### What to produce
A word-for-word copy of the lines from the one holding "abbrev mode60 : ℕ → ℕ → ℕ → VideoMode" through the final line of the records below is the only output asked for.

### Available records
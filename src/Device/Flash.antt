-- ===== src/Device/Flash.antt =====
-- The flash and the SFR registers, usb_hal/usb_device.c.
pub mod Reads
use lenovo_magicbay_hud_linu.Base.{
  ℕ, zero, suc, ◌+◌, ◌-◌, List, [], ◌∷◌, ◌++◌, take, get_or, min, leb, u8, shr, low_bits, true,
  false, uninitialised, if◌then◌else◌, ◌==◌,
}
use lenovo_magicbay_hud_linu.Device.{M, pure, throw, ◌>>=◌, ◌>>◌, hid_report}

-- MS9132_HID_OP_READ_FLASH_EIGHT_BYTES; `(u8)((a >> 16) & 0x00ff)` and so on
abbrev pub flash_report : ℕ → List ℕ
flash_report a =
    0xF5 ∷ low_bits (shr a 16) 8 ∷ low_bits (shr a 8) 8 ∷ low_bits a 8 ∷ 0 ∷ 0 ∷ 0 ∷ 0 ∷ []

-- The loop of `ms9132_read_flash` from position `pos`, eight bytes a round. `len - pos` is the
-- number of bytes left, and as `len` falls by eight a round it is fuel enough.
pub read_flash_loop : ℕ → ℕ → ℕ → ℕ → M (List ℕ)
unfolding hid_report
read_flash_loop zero addr pos len = pure []
read_flash_loop (suc fuel) addr pos len =
    let round = read_flash_loop fuel addr (pos + 8) len in
    if leb len pos then pure [] else (do
      sent ← hid_report true (flash_report (addr + pos))
      data' ← hid_report false sent
      rest ← round
      pure (take (min 8 (len - pos)) data' ++ rest))

-- With `len` 0 the code returns `rtn` as it was declared, without a value.
pub read_flash : ℕ → ℕ → M (List ℕ)
read_flash addr len = if len == 0 then throw uninitialised else read_flash_loop len addr 0 len

unfoldable pub read_sfr : ℕ → M ℕ
unfolding hid_report
read_sfr addr = do
  sent ← hid_report true (0xC5 ∷ u8 addr ∷ 0 ∷ 0 ∷ 0 ∷ 0 ∷ 0 ∷ 0 ∷ [])
  ctrl_data ← hid_report false sent
  pure (get_or ctrl_data 2 0)

unfoldable pub write_sfr : ℕ → ℕ → M (Unit {0})
unfolding hid_report
write_sfr addr value = do
  _ ← hid_report true (0xC6 ∷ u8 addr ∷ value ∷ 0 ∷ 0 ∷ 0 ∷ 0 ∷ 0 ∷ [])
  pure tt
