-- ===== src/Device/Flash/Reads.antt =====
-- The flash read in rounds of eight bytes against the contents of the flash.
use lenovo_magicbay_hud_linu.Base.{
  ap, sym, sym, ap, ◌∙◌, ℕ, zero, suc, ◌+◌, ◌-◌, ◌≤◌, ◌<◌, ◌≡◌, refl, true, false, List, ◌∷◌, ◌++◌,
  min, take, arith, ok, leb, inl, inr, Bool-cases,
}
use lenovo_magicbay_hud_linu.Device.{Usb, Request, Reply, answer, M, hid_report, pure, ◌>>=◌}
use lenovo_magicbay_hud_linu.Device.Xdata.Reads.{bytes_of, bytes_of-append, set_of, get_of}
use lenovo_magicbay_hud_linu.Device.Flash.{flash_report, read_flash_loop, read_flash}

-- A bus that fails no transfer, with a chip that answers a flash request out of the flash.
pub record ServesFlash (reply : ℕ → List Request → Request → Reply) (flash : ℕ → ℕ) : Type 0 where
  pub accepts :
      (n : ℕ) (h : List Request) (a : ℕ)
      → reply n h (set_of (flash_report a)) ≡ answer (flash_report a)
  pub reads :
      (n : ℕ) (h : List Request) (a : ℕ)
      → reply n (set_of (flash_report a) ∷ h) (get_of (flash_report a))
        ≡ answer (bytes_of flash a 8)

take-bytes_of : (mem : ℕ → ℕ) (k n a : ℕ) → k ≤ n → take k (bytes_of mem a n) ≡ bytes_of mem a k
take-bytes_of mem zero n a h = refl
take-bytes_of mem (suc k) zero a h = absurd (omega arith)
take-bytes_of mem (suc k) (suc n) a h = rw (take-bytes_of mem k n (a + 1) (omega arith))

-- Where a read of no bytes begins does not matter.
bytes_of-start : (mem : ℕ → ℕ) (a b r : ℕ) → (0 < r → a ≡ b) → bytes_of mem a r ≡ bytes_of mem b r
bytes_of-start mem a b zero h = refl
bytes_of-start mem a b (suc r) h = let e : a ≡ b = h (omega arith) in rw e

-- One round of the loop, and what the rest returns.
round_join :
    (rest : M (List ℕ)) (flash : ℕ → ℕ) (u : Usb) (a k : ℕ) {more : List ℕ}
    → ServesFlash u.reply flash
    → k ≤ 8
    → (rest (record u {
      calls = suc (suc u.calls);
      sent = get_of (flash_report a) ∷ set_of (flash_report a) ∷ u.sent;
    })).0
      ≡ ok more
    → ((do
      sent ← hid_report true (flash_report a)
      data' ← hid_report false sent
      r ← rest
      pure (take k data' ++ r))
        u).0
      ≡ ok (bytes_of flash a k ++ more)
unfolding hid_report
round_join rest flash u a k s small h = ground (
  arith,
  h,
  s.accepts u.calls u.sent a,
  s.reads (suc u.calls) u.sent a,
  take-bytes_of flash k 8 a small,
)

read_flash_loop-ServesFlash :
    (flash : ℕ → ℕ) (fuel : ℕ) (u : Usb) (addr pos len : ℕ)
    → ServesFlash u.reply flash
    → len ≤ pos + fuel
    → (read_flash_loop fuel addr pos len u).0 ≡ ok (bytes_of flash (addr + pos) (len - pos))
unfolding read_flash_loop
read_flash_loop-ServesFlash flash zero u addr pos len s enough =
    let e : len - pos ≡ 0 = omega arith in rw e
read_flash_loop-ServesFlash flash (suc fuel) u addr pos len s enough =
    elim (Bool-cases (leb len pos)) [
      | inl done ↦ let e : len - pos ≡ 0 = ground arith in rw (done, e)
      | inr more ↦
          let k = min 8 (len - pos) in
          let u1 : Usb = record u {
            calls = suc (suc u.calls);
            sent = get_of (flash_report (addr + pos)) ∷ set_of (flash_report (addr + pos)) ∷ u.sent;
          } in
          let ih = read_flash_loop-ServesFlash flash fuel u1 addr (pos + 8) len s (omega arith) in
          let c : k + (len - (pos + 8)) ≡ len - pos = ground arith in
          let join = bytes_of-append flash (addr + pos) k (len - (pos + 8)) in
          let tail =
            bytes_of-start flash (addr + pos + k) (addr + (pos + 8)) (len - (pos + 8))
              (λ left. omega arith) in
          let one =
            round_join (read_flash_loop fuel addr (pos + 8) len) flash u (addr + pos) k s
              (omega arith) ih in
          rw more (
            one
            ∙ ap ok (
                ap (λ (t : List ℕ). bytes_of flash (addr + pos) k ++ t) (sym tail)
                ∙ sym join
                ∙ ap (bytes_of flash (addr + pos)) c))
    ]

-- On a bus that fails no transfer, with a chip that answers out of its flash, `ms9132_read_flash`
-- returns the bytes of the flash from `addr` on, if it is asked for at least one.
read_flash-ServesFlash :
    (flash : ℕ → ℕ) (u : Usb) (addr len : ℕ)
    → ServesFlash u.reply flash
    → 0 < len
    → (read_flash addr len u).0 ≡ ok (bytes_of flash addr len)
unfolding read_flash
read_flash-ServesFlash flash u addr len s pos =
    let whole = read_flash_loop-ServesFlash flash len u addr 0 len s (omega arith) in
    let e : addr + 0 ≡ addr = omega arith in
    let f : len - 0 ≡ len = omega arith in ground (arith, e, f, whole)
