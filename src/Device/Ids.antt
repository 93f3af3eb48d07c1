-- ===== src/Device/Ids.antt =====
-- The supported devices: usb_hal/hal_adaptor.c and the end of drm/ms9132_hal.c.
use lenovo_magicbay_hud_linu.Base.{
  ◌⊎◌, ℕ, List, [], ◌∷◌, Bool, true, false, Option, none, some, ◌==◌, ◌&&◌, ◌||◌, ◌≡◌, arith,
  if◌then◌else◌,
}

-- `struct msdisp_hal_id`
pub record HalId : Type 0 where
  pub vendor : ℕ
  pub product : ℕ

abbrev ms9132_id : HalId
ms9132_id = record { vendor = 0x345f; product = 0x9132 }

abbrev ms9133_id : HalId
ms9133_id = record { vendor = 0x345f; product = 0x9133 }

abbrev ms9135_id : HalId
ms9135_id = record { vendor = 0x345f; product = 0x9135 }

abbrev pub lenovo_hud_id : HalId
lenovo_hud_id = record { vendor = 0x17ef; product = 0x1117 }

abbrev matches : HalId → HalId → Bool
matches id dev = id.vendor == dev.vendor && id.product == dev.product

-- the array `hal_dev`
abbrev hal_dev : List HalId
hal_dev = ms9132_id ∷ ms9133_id ∷ ms9135_id ∷ lenovo_hud_id ∷ []

-- The loop of `msdisp_hal_find_dev`.
unfoldable find_in : List HalId → HalId → Option HalId
find_in [] id = none
find_in (dev ∷ devs) id = if matches id dev then some dev else find_in devs id

unfoldable pub find_dev : HalId → Option HalId
unfolding find_in
find_dev id = find_in hal_dev id

-- `msdisp_usb_find_usb_hal`: whether there are functions for the device.
unfoldable pub find_usb_hal : HalId → Bool
find_usb_hal id =
    matches id ms9132_id
    || (matches id ms9133_id || (matches id ms9135_id || matches id lenovo_hud_id))

-- The two lists of devices agree: either the USB side finds its functions and the HAL finds the
-- device of that identifier, or neither finds anything.
find_dev-find_usb_hal :
    (id : HalId)
    → ((find_usb_hal id ≡ true) × (find_dev id ≡ some id))
      ⊎ ((find_usb_hal id ≡ false) × (find_dev id ≡ none))
unfolding find_dev find_usb_hal
find_dev-find_usb_hal id = ground arith
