-- ===== src/Device/Modes.antt =====
-- The mode table `g_support_mode` and its search, usb_hal/usb_device.c.
pub mod Table
use lenovo_magicbay_hud_linu.Base.{
  ℕ, List, [], ◌∷◌, ◌==◌, ◌&&◌, failed, Outcome, ok, fail, if◌then◌else◌,
}

-- `struct video_mode`
pub record VideoMode : Type 0 where
  pub vic : ℕ
  pub refresh_rate : ℕ
  pub width : ℕ
  pub height : ℕ

abbrev mode60 : ℕ → ℕ → ℕ → VideoMode
mode60 vic width height = record { vic = vic; refresh_rate = 60; width = width; height = height }

unfoldable pub support_mode : List VideoMode
support_mode =
    mode60 129 1920 1080
    ∷ mode60 120 1680 1050
    ∷ mode60 107 1440 900
    ∷ mode60 103 1400 1050
    ∷ mode60 102 1366 768
    ∷ mode60 100 1360 768
    ∷ mode60 96 1280 1024
    ∷ mode60 91 1280 960
    ∷ mode60 87 1280 800
    ∷ mode60 84 1280 768
    ∷ mode60 79 1280 720
    ∷ mode60 78 1280 600
    ∷ mode60 76 1152 864
    ∷ mode60 71 1024 768
    ∷ mode60 66 800 600
    ∷ mode60 64 640 480
    ∷ []

-- The loop of `ms9132_get_mode_vic` over the rest of the table.
unfoldable pub find_vic : List VideoMode → ℕ → ℕ → ℕ → Outcome ℕ
find_vic [] width height rate = fail failed
find_vic (m ∷ ms) width height rate =
    if width == m.width && (height == m.height && rate == m.refresh_rate)
    then ok m.vic
    else find_vic ms width height rate

unfoldable pub get_mode_vic : ℕ → ℕ → ℕ → Outcome ℕ
unfolding find_vic support_mode
get_mode_vic width height rate = find_vic support_mode width height rate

### Exercise result
abbrev mode60 : ℕ → ℕ → ℕ → VideoMode
mode60 vic width height = record { vic = vic; refresh_rate = 60; width = width; height = height }

unfoldable pub support_mode : List VideoMode
support_mode =
    mode60 129 1920 1080
    ∷ mode60 120 1680 1050
    ∷ mode60 107 1440 900
    ∷ mode60 103 1400 1050
    ∷ mode60 102 1366 768
    ∷ mode60 100 1360 768
    ∷ mode60 96 1280 1024
    ∷ mode60 91 1280 960
    ∷ mode60 87 1280 800
    ∷ mode60 84 1280 768
    ∷ mode60 79 1280 720
    ∷ mode60 78 1280 600
    ∷ mode60 76 1152 864
    ∷ mode60 71 1024 768
    ∷ mode60 66 800 600
    ∷ mode60 64 640 480
    ∷ []

-- The loop of `ms9132_get_mode_vic` over the rest of the table.
unfoldable pub find_vic : List VideoMode → ℕ → ℕ → ℕ → Outcome ℕ
find_vic [] width height rate = fail failed
find_vic (m ∷ ms) width height rate =
    if width == m.width && (height == m.height && rate == m.refresh_rate)
    then ok m.vic
    else find_vic ms width height rate

unfoldable pub get_mode_vic : ℕ → ℕ → ℕ → Outcome ℕ
unfolding find_vic support_mode
get_mode_vic width height rate = find_vic support_mode width height rate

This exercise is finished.